Please give back word for word the lines of the material below between the line containing "scan_reply c keys (ok (got_multi" and the line containing "scan_reply c keys panicked = crashed", inclusive.

**ENTRIES PROVIDED:**
- - -
-- ===== src/Redis/Reply/Commands.antt =====
-- redis/command.go: `parseReply` of each type of command, over the parsers of redis/parser.go.
use smartproxy.Common.{
  ℕ, zero, suc, ◌+◌, ◌-◌, ◌*◌, ◌/◌, ◌%◌, ◌^◌, Bool, false, List, [], ◌∷◌, ◌++◌, Option, none, some,
  Bytes, codes, ltb, ◌==◌, if◌then◌else◌, bytes_eq, Map,
}
use smartproxy.Common.Int.{ℤ, pos, negsuc, sub_ℕ}
use smartproxy.Text.{Parsed, num, bad_syntax, out_of_range, parse_int}
use smartproxy.Errors.{Error}
use smartproxy.Wire.{Reader, Outcome, ok, failed, panicked, ◌>>=◌}
use smartproxy.Redis.Format.{Values, nil, cons, str_value, list_value}
use smartproxy.Redis.Command.{
  SlotInfo, Val, Cmd, any, slice, status, int, duration, bool, string, float, string_slice,
  bool_slice, string_string_map, string_int_map, zslice, scan, cluster_slots,
}
use smartproxy.Redis.Reply.{
  Got, got_str, got_int, got_multi, is_nil, syntax_error, range_error, value_of, parse_reply,
  parse_flat, parse_with,
}
use smartproxy.Redis.Reply.Typed.{as_string, as_flag, as_number, each_of, each_pair, slot_item}

-- The result of a command's `parseReply`: the command as it left it, and the error it returned.
pub data Parsing : Type 0 where
  parsed : Cmd → Option Error → Reader → Parsing
  crashed : Parsing

-- `cmd.err = err`, or `cmd.val = v`.
unfoldable pub stored : Cmd → Outcome Val → Parsing
stored c (ok v r) = parsed (record c { val = v }) none r
stored c (failed e r) = parsed (record c { err = some e }) (some e) r
stored c panicked = crashed

-- A type assertion panics on another type.
unfoldable pub assert_str : (Bytes → Val) → Got (Unit {0}) → Reader → Outcome Val
assert_str f (got_str s) r = ok (f s) r
assert_str f _ r = panicked

unfoldable pub assert_int : (ℤ → Val) → Got (Unit {0}) → Reader → Outcome Val
assert_int f (got_int v) r = ok (f v) r
assert_int f _ r = panicked

unfoldable pub assert_multi : {A : Type 0} → (A → Val) → Got A → Reader → Outcome Val
assert_multi f (got_multi a) r = ok (f a) r
assert_multi f _ r = panicked

-- The product of two int64, of which the second is positive.
unfoldable pub signed64 : ℕ → ℤ
signed64 u = if ltb u (2 ^ 63) then pos u else sub_ℕ u (2 ^ 64)

unfoldable pub times64 : ℤ → ℕ → ℤ
unfolding signed64
times64 (pos n) p = signed64 (n * p % 2 ^ 64)
times64 (negsuc n) p = signed64 ((2 ^ 64 - suc n * p % 2 ^ 64) % 2 ^ 64)

-- `BoolCmd`: nil is false.
unfoldable pub bool_reply : Outcome (Got (Unit {0})) → Outcome Val
unfolding bytes_eq is_nil
bool_reply (ok (got_int (pos n)) r) = ok (bool (n == 1)) r
bool_reply (ok (got_int (negsuc n)) r) = ok (bool false) r
bool_reply (ok (got_str s) r) = ok (bool (bytes_eq s (codes "OK"))) r
bool_reply (ok (got_multi u) r) = panicked
bool_reply (failed e r) = if is_nil e then ok (bool false) r else failed e r
bool_reply panicked = panicked

unfoldable pub any_reply : Cmd → Outcome (Got Values) → Parsing
unfolding value_of
any_reply c (ok g r) = parsed (record c { val = any (some (value_of g)); err = none }) none r
any_reply c (failed e r) = parsed (record c { val = any none; err = some e }) (some e) r
any_reply c panicked = crashed

-- What `ParseInt` returns beside its error.
pub cursor_beside : Bytes → Parsed → ℤ
cursor_beside s (num v) = v
cursor_beside s bad_syntax = pos 0
cursor_beside (c ∷ s) out_of_range = if c == b'-' then negsuc (2 ^ 63 - 1) else pos (2 ^ 63 - 1)
cursor_beside [] out_of_range = pos 0

pub cursor_error : Bytes → Parsed → Option Error
cursor_error s (num v) = none
cursor_error s bad_syntax = some (syntax_error s)
cursor_error s out_of_range = some (range_error s)

-- `none` where an element is no text.
pub all_strings : Values → Option (List Bytes)
all_strings nil = some []
all_strings (cons (str_value s) vs) = elim (all_strings vs) [
  | none ↦ none
  | some list ↦ some (s ∷ list)
]
all_strings (cons _ vs) = none

unfoldable pub scan_done : Cmd → ℤ → List Bytes → Option (List Bytes) → Reader → Parsing
scan_done c cursor keys none r = crashed
scan_done c cursor keys (some more) r =
    parsed (record c { val = scan cursor (keys ++ more); err = none }) none r

unfoldable pub scan_keys : Cmd → ℤ → List Bytes → Option Error → Values → Reader → Parsing
unfolding scan_done all_strings
scan_keys c cursor keys (some e) vs r =
    parsed (record c { val = scan cursor keys; err = some e }) (some e) r
scan_keys c cursor keys none (cons (list_value more) vs) r =
    scan_done c cursor keys (all_strings more) r
scan_keys c cursor keys none _ r = crashed

unfoldable pub scan_reply : Cmd → List Bytes → Outcome (Got Values) → Parsing
unfolding scan_keys cursor_beside cursor_error parse_int
scan_reply c keys (ok (got_multi (cons (str_value s) vs)) r) =
    scan_keys c (cursor_beside s (parse_int 64 s)) keys (cursor_error s (parse_int 64 s)) vs r
scan_reply c keys (ok _ r) = crashed
scan_reply c keys (failed e r) = parsed (record c { err = some e }) (some e) r
scan_reply c keys panicked = crashed

-- `parse_float` is `strconv.ParseFloat(s, 64)`, which returns a value beside its error.
module _ (sprintf : Bytes → Bytes) (max_cap : ℕ) (parse_float : Bytes → ℕ × Option Error) where
  unfoldable pub float_reply : Cmd → Outcome (Got (Unit {0})) → Parsing
  float_reply c (ok (got_str s) r) =
      parsed (record c { val = float (parse_float s).0; err = (parse_float s).1 }) (parse_float s).1
        r
  float_reply c (ok _ r) = crashed
  float_reply c (failed e r) = parsed (record c { err = some e }) (some e) r
  float_reply c panicked = crashed

  unfoldable pub text_item : Reader → Outcome Bytes
  unfolding as_string parse_flat
  text_item r = parse_flat sprintf r >>= as_string

  flag_item : Reader → Outcome Bool
  unfolding as_flag parse_flat
  flag_item r = parse_flat sprintf r >>= as_flag

  number_item : Reader → Outcome ℤ
  unfolding as_number parse_flat
  number_item r = parse_flat sprintf r >>= as_number

  score : ℕ × Option Error → Bytes → Reader → Outcome (ℕ × Bytes)
  score (f, none) member r = ok (f, member) r
  score (f, some e) member r = failed e r

  z_item : Reader → Outcome (ℕ × Bytes)
  unfolding text_item score
  z_item r = text_item r >>= λ member rest.
      text_item rest >>= λ s rest'. score (parse_float s) member rest'

  slots_item : Reader → Outcome SlotInfo
  unfolding slot_item parse_reply
  slots_item r = parse_reply sprintf max_cap r >>= slot_item

  -- The parsers that make a slice of the announced size.
  unfoldable pub list_of : {A : Type 0} → (Reader → Outcome A) → ℤ → Reader → Outcome (List A)
  unfolding each_of
  list_of item (negsuc n) r = panicked
  list_of item (pos n) r = if ltb max_cap n then panicked else each_of item n r

  -- The parsers that make a map; the size of a map is only a hint.
  map_of : {V : Type 0} → (Reader → Outcome V) → ℤ → Reader → Outcome (Map V)
  unfolding each_pair text_item
  map_of value (negsuc n) r = ok [] r
  map_of value (pos n) r = each_pair text_item value ((n + 1) / 2) [] r

  -- With an odd number the loop steps out of the slice.
  zslice_of : ℤ → Reader → Outcome (List (ℕ × Bytes))
  unfolding each_of z_item
  zslice_of (negsuc zero) r = ok [] r
  zslice_of (negsuc (suc n)) r = panicked
  zslice_of (pos n) r =
      if ltb max_cap (n / 2)
      then panicked
      else (each_of z_item (n / 2) r >>= λ zs rest. if n % 2 == 0 then ok zs rest else panicked)

  unfoldable pub parse_by : Val → Cmd → Reader → Parsing
  unfolding stored any_reply assert_str assert_int assert_multi times64 bool_reply float_reply
      scan_reply parse_reply parse_flat parse_with list_of map_of zslice_of text_item flag_item
      number_item slots_item
  parse_by (any v) c r = any_reply c (parse_reply sprintf max_cap r)
  parse_by (slice v) c r = stored c (parse_reply sprintf max_cap r >>= assert_multi slice)
  parse_by (status v) c r = stored c (parse_flat sprintf r >>= assert_str status)
  parse_by (int v) c r = stored c (parse_flat sprintf r >>= assert_int int)
  parse_by (duration precision v) c r =
      stored c (parse_flat sprintf r >>= assert_int λ t. duration precision (times64 t precision))
  parse_by (bool v) c r = stored c (bool_reply (parse_flat sprintf r))
  parse_by (string v) c r = stored c (parse_flat sprintf r >>= assert_str string)
  parse_by (float v) c r = float_reply c (parse_flat sprintf r)
  parse_by (string_slice v) c r =
      stored c (parse_with sprintf (list_of text_item) r >>= assert_multi string_slice)
  parse_by (bool_slice v) c r =
      stored c (parse_with sprintf (list_of flag_item) r >>= assert_multi bool_slice)
  parse_by (string_string_map v) c r =
      stored c (parse_with sprintf (map_of text_item) r >>= assert_multi string_string_map)
  parse_by (string_int_map v) c r =
      stored c (parse_with sprintf (map_of number_item) r >>= assert_multi string_int_map)
  parse_by (zslice v) c r = stored c (parse_with sprintf zslice_of r >>= assert_multi zslice)
  parse_by (scan cursor keys) c r = scan_reply c keys (parse_reply sprintf max_cap r)
  parse_by (cluster_slots v) c r =
      stored c (parse_with sprintf (list_of slots_item) r >>= assert_multi cluster_slots)

  -- `cmd.parseReply(rd)`
  unfoldable pub parse_cmd : Cmd → Reader → Parsing
  unfolding parse_by
  parse_cmd c r = parse_by c.val c r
- - -
**EXPECTED OUTPUT:**
scan_reply c keys (ok (got_multi (cons (str_value s) vs)) r) =
    scan_keys c (cursor_beside s (parse_int 64 s)) keys (cursor_error s (parse_int 64 s)) vs r
scan_reply c keys (ok _ r) = crashed
scan_reply c keys (failed e r) = parsed (record c { err = some e }) (some e) r
scan_reply c keys panicked = crashed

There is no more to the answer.